* Task description *
Write out the data below exactly, beginning with the first line and ending once the line that has "tool_call confirm resolve : StepType" is written.

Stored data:
-- ===== src/Workflow/Types.antt =====
-- internal/workflow/types.go, execution_seal.go, missing_slot_error.go: the data of a workflow.
-- A step's closures take the live `*Context`; they may write its exported fields (`Vars`) and not
-- the unexported seal, so a closure is a function from the context to the new `Vars` and its
-- result. Times are in nanoseconds.
use compshare_agent.Prelude.{ℕ, String, Bool, Option, List, Except}
use compshare_agent.Value.{Fields}
use compshare_agent.Workflow.Form.{ConfirmForm, FormError, Overrides}

-- A Go `error`: its text, and what MissingSlotsFromError reads from it (the slots of a
-- MissingSlotError in its chain, if there is one).
pub record GoError : Type 0 where
  pub text : String
  pub missing : Option (List String)

pub record RuntimeMetadata : Type 0 where
  pub top_organization_id : ℕ
  pub organization_id : ℕ

pub record SealedActionContract : Type 0 where
  pub operation : String
  pub business_params : Fields
  pub runtime : RuntimeMetadata
  pub version : ℕ
  pub digest : String

-- The exported fields of Context. A step result is a Go map, which may be nil (`none`).
pub record Vars : Type 0 where
  pub params : Fields
  pub initial_params : Fields
  pub step_results : List (String × Option Fields)
  pub runtime : RuntimeMetadata

pub record Context : Type 0 where
  pub vars : Vars
  pub sealed : Option SealedActionContract

abbrev pub Hook : Type 0 → Type 0
Hook A = Context → Vars × A

pub data StepType : Type 0 where
  tool_call confirm resolve : StepType
  other : ℕ → StepType

pub record PollPolicy : Type 0 where
  pub interval : ℕ
  pub timeout : ℕ

pub data ConfirmSubmitMode : Type 0 where
  submit_revalidate submit_continue : ConfirmSubmitMode

pub data FailureReason : Type 0 where
  unclassified capacity_sold_out : FailureReason

pub record CheckOutcome : Type 0 where
  pub passed : Bool
  pub message : String
  pub pending : Bool
  pub reason : FailureReason

pub record BatchCall : Type 0 where
  pub key : String
  pub args : Fields

pub record Step : Type 0 where
  pub name : String
  pub type : StepType
  pub tool : String
  pub tool_func : Option (Hook String)
  pub build_args : Hook (Except GoError Fields)
  pub build_args_batch : Option (Hook (Except GoError (List BatchCall)))
  pub check_result : Option (Option Fields → Hook CheckOutcome)
  pub resolve : Option (Hook (Except GoError (Option Fields)))
  pub skip_if : Option (Hook (Except GoError Bool))
  pub optional : Bool
  pub poll : Option PollPolicy
  pub build_form : Option (Hook (Except GoError (Option ConfirmForm)))
  pub apply_overrides : Option (Overrides → Hook (Option GoError))
  pub revalidate_from : String
  pub promote_on_confirm : Option (Hook (Option GoError))
  pub confirm_submit_mode : ConfirmSubmitMode

pub record Definition : Type 0 where
  pub name : String
  pub steps : List Step
  pub result_data : Option (Context → Option Fields)
  pub mutation_committed : Option (Context → Bool)
  pub failure_draft : Option (Context → Option Fields)

-- The user-facing sentences, by their format strings.
pub data Message : Type 0 where
  text : String → Message
  workflow_done workflow_tampered user_cancelled too_many_edits edits_unsupported : Message
  workflow_cancelled : GoError → Message
  skip_failed execution_failed args_failed promote_failed : String → GoError → Message
  unknown_step_type resolve_undefined resolve_wrote_params poll_not_positive : String → Message
  poll_timed_out pending_without_poll batch_all_failed : String → Message
  bad_edit bad_default : FormError → Message
  edit_rejected default_rejected : GoError → Message
  boundary_missing : String → Message
  boundary_not_before : String → String → Message
  confirm_in_range rerun_unknown_type : String → Message
  rounds_exhausted : Message

pub data Status : Type 0 where
  running succeeded failed waiting cancelled : Status

pub record StepSummary : Type 0 where
  pub name : String
  pub status : Status
  pub message : Option Message

pub record StepEvent : Type 0 where
  pub step_name : String
  pub step_index : ℕ
  pub total : ℕ
  pub type : StepType
  pub status : Status
  pub tool : String
  pub args : Option Fields
  pub message : Option Message

pub record StepFailure : Type 0 where
  pub step : String
  pub reason : FailureReason
  pub args : Option Fields
  pub draft : Option Fields
  pub execution_authorized : Bool

pub record Result : Type 0 where
  pub success : Bool
  pub mutation_committed : Bool
  pub stopped_at : String
  pub message : Option Message
  pub missing_slots : List String
  pub result_data : Option Fields
  pub steps : List StepSummary
  pub contract : Option SealedActionContract
  pub failure : Option StepFailure
  pub error : Option GoError

pub record ConfirmResolution : Type 0 where
  pub confirmed : Bool
  pub overrides : Overrides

* Output for this exercise *
-- ===== src/Workflow/Types.antt =====
-- internal/workflow/types.go, execution_seal.go, missing_slot_error.go: the data of a workflow.
-- A step's closures take the live `*Context`; they may write its exported fields (`Vars`) and not
-- the unexported seal, so a closure is a function from the context to the new `Vars` and its
-- result. Times are in nanoseconds.
use compshare_agent.Prelude.{ℕ, String, Bool, Option, List, Except}
use compshare_agent.Value.{Fields}
use compshare_agent.Workflow.Form.{ConfirmForm, FormError, Overrides}

-- A Go `error`: its text, and what MissingSlotsFromError reads from it (the slots of a
-- MissingSlotError in its chain, if there is one).
pub record GoError : Type 0 where
  pub text : String
  pub missing : Option (List String)

pub record RuntimeMetadata : Type 0 where
  pub top_organization_id : ℕ
  pub organization_id : ℕ

pub record SealedActionContract : Type 0 where
  pub operation : String
  pub business_params : Fields
  pub runtime : RuntimeMetadata
  pub version : ℕ
  pub digest : String

-- The exported fields of Context. A step result is a Go map, which may be nil (`none`).
pub record Vars : Type 0 where
  pub params : Fields
  pub initial_params : Fields
  pub step_results : List (String × Option Fields)
  pub runtime : RuntimeMetadata

pub record Context : Type 0 where
  pub vars : Vars
  pub sealed : Option SealedActionContract

abbrev pub Hook : Type 0 → Type 0
Hook A = Context → Vars × A

pub data StepType : Type 0 where
  tool_call confirm resolve : StepType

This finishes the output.